Your assignment
Range to reproduce from the entries below: the line with "done (some len) = len == 0", the line with "copy_chain mbufs copyhdr len off0 off []", and every line in between. Give them exactly and give nothing else.

Saved data entries:

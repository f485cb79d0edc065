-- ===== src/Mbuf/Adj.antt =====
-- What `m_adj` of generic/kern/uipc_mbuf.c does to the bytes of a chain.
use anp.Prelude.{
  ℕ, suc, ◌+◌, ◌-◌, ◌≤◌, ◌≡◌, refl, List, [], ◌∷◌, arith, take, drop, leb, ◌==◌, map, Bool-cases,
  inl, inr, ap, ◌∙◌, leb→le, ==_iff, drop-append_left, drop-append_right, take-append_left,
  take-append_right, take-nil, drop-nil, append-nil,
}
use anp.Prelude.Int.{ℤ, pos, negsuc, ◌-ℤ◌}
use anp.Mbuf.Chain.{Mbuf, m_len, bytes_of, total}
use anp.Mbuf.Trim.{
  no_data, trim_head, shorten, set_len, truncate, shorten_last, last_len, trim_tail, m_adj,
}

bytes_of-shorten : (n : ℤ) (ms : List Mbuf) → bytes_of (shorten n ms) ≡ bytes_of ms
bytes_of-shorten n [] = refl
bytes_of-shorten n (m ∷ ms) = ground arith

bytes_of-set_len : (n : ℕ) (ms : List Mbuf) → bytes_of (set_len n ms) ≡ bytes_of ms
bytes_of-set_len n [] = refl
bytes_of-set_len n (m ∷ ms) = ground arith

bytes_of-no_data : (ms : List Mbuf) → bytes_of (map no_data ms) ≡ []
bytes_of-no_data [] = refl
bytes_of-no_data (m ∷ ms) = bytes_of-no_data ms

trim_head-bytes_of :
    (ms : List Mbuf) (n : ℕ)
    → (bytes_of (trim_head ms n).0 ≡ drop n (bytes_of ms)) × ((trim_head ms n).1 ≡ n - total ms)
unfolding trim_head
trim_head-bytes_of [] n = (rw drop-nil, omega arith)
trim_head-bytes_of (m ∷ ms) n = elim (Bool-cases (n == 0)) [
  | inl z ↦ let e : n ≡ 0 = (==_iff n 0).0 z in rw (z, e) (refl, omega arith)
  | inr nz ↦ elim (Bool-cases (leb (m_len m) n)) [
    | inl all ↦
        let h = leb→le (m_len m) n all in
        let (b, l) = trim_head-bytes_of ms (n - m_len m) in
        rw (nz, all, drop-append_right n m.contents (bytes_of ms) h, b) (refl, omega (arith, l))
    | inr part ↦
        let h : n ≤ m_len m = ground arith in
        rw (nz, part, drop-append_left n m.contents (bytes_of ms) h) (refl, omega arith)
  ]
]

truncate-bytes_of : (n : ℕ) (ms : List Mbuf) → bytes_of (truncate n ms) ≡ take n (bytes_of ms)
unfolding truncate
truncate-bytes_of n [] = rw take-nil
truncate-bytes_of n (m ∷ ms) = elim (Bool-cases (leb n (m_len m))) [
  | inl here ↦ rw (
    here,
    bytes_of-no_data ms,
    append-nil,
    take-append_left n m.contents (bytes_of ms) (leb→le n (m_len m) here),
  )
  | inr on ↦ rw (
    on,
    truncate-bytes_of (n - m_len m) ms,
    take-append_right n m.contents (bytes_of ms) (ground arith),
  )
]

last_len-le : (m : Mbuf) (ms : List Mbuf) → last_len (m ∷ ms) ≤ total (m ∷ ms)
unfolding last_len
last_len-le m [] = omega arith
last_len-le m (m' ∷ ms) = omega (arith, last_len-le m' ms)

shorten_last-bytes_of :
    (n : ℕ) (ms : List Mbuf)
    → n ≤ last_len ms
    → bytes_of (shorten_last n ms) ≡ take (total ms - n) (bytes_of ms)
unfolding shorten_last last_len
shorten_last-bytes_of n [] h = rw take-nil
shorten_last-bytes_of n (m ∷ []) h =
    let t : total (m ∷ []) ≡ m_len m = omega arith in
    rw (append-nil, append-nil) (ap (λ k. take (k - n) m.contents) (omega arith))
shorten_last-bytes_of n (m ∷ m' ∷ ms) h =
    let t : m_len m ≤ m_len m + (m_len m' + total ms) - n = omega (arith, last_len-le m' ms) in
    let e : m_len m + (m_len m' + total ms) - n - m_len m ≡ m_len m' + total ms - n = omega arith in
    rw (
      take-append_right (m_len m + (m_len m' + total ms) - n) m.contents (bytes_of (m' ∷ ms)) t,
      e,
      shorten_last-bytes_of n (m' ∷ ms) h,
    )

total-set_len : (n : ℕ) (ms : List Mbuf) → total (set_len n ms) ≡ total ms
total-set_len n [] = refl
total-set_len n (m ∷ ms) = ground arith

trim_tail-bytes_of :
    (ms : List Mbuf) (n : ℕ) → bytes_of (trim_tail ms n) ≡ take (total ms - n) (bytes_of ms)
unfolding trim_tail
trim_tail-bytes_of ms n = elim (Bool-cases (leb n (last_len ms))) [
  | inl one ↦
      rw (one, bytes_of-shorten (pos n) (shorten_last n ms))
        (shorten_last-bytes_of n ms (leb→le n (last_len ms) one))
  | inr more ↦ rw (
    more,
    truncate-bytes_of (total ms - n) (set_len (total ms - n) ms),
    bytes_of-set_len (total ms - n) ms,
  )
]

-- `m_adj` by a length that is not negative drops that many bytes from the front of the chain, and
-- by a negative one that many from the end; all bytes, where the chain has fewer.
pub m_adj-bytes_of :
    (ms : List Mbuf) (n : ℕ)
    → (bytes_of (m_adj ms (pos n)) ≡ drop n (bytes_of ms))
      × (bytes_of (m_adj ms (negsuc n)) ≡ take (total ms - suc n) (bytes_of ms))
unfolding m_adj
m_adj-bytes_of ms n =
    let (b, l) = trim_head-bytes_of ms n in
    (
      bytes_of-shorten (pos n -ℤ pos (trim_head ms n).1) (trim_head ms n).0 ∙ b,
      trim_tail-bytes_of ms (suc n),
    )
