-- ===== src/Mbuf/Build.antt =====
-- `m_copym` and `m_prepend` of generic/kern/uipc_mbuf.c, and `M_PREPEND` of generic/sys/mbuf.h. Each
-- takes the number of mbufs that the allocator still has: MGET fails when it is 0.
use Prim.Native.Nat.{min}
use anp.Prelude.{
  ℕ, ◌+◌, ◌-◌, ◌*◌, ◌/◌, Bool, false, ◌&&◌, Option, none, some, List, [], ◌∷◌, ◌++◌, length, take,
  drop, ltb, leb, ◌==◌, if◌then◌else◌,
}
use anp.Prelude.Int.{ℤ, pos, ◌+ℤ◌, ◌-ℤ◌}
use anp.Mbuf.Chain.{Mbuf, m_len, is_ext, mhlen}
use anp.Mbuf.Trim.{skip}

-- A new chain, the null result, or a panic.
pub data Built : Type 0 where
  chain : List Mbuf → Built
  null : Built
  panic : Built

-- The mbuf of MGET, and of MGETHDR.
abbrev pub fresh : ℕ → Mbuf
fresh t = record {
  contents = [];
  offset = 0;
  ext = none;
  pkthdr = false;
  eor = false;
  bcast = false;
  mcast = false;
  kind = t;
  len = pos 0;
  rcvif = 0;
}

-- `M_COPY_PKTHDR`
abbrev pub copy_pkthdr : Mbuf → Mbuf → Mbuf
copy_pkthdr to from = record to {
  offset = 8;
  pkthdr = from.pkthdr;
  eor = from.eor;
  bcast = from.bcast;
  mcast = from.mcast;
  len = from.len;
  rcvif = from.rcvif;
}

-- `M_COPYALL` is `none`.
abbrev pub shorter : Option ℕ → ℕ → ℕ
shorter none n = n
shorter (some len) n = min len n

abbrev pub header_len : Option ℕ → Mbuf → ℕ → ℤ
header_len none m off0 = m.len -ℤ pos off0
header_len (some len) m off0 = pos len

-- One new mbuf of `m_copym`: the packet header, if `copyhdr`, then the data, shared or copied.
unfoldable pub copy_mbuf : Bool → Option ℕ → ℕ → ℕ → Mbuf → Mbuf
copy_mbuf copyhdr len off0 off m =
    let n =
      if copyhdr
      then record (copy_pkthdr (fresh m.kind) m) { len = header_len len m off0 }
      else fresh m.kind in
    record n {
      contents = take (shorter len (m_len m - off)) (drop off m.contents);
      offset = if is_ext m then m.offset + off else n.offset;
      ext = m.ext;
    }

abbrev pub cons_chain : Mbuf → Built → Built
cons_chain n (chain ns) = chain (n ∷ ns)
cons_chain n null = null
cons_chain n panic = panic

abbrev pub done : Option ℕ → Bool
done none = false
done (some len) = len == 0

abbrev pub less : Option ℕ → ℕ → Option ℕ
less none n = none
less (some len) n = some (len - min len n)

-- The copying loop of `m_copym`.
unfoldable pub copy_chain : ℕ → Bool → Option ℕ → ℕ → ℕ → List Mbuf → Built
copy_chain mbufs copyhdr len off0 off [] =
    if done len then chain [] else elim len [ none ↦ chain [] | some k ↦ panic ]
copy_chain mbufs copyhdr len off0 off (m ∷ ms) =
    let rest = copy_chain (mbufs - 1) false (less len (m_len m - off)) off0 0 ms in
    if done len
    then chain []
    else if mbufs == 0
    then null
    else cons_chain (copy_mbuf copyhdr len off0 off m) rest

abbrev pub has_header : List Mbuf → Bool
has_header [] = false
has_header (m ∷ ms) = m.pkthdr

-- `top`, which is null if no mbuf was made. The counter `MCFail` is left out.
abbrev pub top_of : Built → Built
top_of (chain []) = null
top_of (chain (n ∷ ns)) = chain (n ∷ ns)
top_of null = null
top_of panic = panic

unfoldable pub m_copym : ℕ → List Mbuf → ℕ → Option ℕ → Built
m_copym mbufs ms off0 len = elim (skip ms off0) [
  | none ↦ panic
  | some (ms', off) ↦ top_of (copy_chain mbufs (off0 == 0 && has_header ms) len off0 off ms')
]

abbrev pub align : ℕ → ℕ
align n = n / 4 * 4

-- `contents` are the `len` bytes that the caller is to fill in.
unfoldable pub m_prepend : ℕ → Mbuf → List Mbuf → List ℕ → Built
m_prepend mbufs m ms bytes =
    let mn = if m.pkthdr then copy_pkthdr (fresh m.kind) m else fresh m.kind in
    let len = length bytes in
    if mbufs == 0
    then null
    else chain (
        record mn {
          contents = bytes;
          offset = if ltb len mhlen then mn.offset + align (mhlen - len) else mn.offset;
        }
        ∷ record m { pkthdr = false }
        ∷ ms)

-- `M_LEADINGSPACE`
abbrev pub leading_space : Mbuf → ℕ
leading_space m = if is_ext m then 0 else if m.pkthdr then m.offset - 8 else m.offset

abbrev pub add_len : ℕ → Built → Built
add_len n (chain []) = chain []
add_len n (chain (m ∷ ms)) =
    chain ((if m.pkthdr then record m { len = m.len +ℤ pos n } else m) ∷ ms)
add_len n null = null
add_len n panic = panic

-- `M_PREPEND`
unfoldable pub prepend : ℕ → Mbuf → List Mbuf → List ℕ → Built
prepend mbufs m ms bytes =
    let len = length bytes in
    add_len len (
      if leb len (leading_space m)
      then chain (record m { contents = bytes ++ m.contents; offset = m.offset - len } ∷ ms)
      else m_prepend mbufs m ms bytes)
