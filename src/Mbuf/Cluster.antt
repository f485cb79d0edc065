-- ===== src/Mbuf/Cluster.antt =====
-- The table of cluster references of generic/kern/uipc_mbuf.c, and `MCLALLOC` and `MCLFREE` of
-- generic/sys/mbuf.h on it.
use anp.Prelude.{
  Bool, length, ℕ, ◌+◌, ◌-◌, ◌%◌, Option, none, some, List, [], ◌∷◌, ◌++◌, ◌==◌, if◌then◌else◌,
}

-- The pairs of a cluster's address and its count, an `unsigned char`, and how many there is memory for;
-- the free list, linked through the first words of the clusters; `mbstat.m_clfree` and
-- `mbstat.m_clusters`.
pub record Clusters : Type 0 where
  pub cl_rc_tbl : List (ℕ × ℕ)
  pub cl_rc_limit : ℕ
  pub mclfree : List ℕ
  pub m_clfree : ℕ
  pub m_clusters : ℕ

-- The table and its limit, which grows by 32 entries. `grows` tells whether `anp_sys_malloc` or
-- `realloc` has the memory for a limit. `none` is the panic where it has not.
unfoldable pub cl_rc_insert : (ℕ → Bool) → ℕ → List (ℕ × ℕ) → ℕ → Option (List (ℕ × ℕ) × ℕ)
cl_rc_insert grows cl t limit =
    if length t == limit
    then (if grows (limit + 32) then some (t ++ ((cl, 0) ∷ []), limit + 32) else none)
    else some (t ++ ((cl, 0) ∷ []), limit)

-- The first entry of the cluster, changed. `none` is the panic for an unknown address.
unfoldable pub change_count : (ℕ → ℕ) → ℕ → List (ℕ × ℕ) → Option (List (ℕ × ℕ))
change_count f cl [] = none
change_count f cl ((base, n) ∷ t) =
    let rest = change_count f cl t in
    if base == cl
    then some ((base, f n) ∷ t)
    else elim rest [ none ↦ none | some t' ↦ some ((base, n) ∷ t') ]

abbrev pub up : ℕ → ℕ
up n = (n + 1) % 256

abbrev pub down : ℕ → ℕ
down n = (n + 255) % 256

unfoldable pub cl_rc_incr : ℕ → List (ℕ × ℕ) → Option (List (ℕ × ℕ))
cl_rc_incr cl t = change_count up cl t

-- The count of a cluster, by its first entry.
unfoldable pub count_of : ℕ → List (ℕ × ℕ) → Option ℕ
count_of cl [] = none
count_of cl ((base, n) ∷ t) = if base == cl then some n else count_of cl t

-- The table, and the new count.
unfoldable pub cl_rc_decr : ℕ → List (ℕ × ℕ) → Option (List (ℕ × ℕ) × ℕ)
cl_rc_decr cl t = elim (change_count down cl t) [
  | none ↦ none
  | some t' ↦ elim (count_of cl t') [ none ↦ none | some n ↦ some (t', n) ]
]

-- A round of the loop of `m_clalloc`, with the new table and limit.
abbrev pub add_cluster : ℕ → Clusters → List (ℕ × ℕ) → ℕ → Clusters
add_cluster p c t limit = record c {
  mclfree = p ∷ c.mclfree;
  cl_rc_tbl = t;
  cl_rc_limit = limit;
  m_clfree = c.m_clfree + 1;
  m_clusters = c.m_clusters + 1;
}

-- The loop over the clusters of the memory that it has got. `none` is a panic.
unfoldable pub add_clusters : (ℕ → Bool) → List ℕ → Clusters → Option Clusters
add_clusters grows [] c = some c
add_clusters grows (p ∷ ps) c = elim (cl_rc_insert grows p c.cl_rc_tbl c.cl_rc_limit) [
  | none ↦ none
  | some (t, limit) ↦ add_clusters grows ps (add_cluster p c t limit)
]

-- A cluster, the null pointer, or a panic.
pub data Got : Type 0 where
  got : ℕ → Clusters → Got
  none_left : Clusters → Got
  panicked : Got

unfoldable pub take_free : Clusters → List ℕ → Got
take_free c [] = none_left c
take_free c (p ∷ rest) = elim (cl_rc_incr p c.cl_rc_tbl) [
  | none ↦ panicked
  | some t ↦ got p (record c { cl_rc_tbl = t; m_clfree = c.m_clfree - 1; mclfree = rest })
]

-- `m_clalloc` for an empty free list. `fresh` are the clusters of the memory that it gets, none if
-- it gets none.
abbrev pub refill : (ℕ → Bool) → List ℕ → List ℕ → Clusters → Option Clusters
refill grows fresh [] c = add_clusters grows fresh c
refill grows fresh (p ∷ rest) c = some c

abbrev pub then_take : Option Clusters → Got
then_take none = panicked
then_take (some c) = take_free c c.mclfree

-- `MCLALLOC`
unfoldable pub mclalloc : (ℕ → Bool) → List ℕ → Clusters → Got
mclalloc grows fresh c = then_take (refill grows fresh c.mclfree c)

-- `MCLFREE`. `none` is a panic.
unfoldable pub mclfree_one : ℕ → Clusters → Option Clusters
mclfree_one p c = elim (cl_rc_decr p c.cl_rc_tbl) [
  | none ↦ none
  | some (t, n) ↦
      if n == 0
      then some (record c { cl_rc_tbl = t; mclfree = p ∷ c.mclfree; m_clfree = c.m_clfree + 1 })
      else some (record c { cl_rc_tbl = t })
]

Solution
done (some len) = len == 0

abbrev pub less : Option ℕ → ℕ → Option ℕ
less none n = none
less (some len) n = some (len - min len n)

-- The copying loop of `m_copym`.
unfoldable pub copy_chain : ℕ → Bool → Option ℕ → ℕ → ℕ → List Mbuf → Built
copy_chain mbufs copyhdr len off0 off [] =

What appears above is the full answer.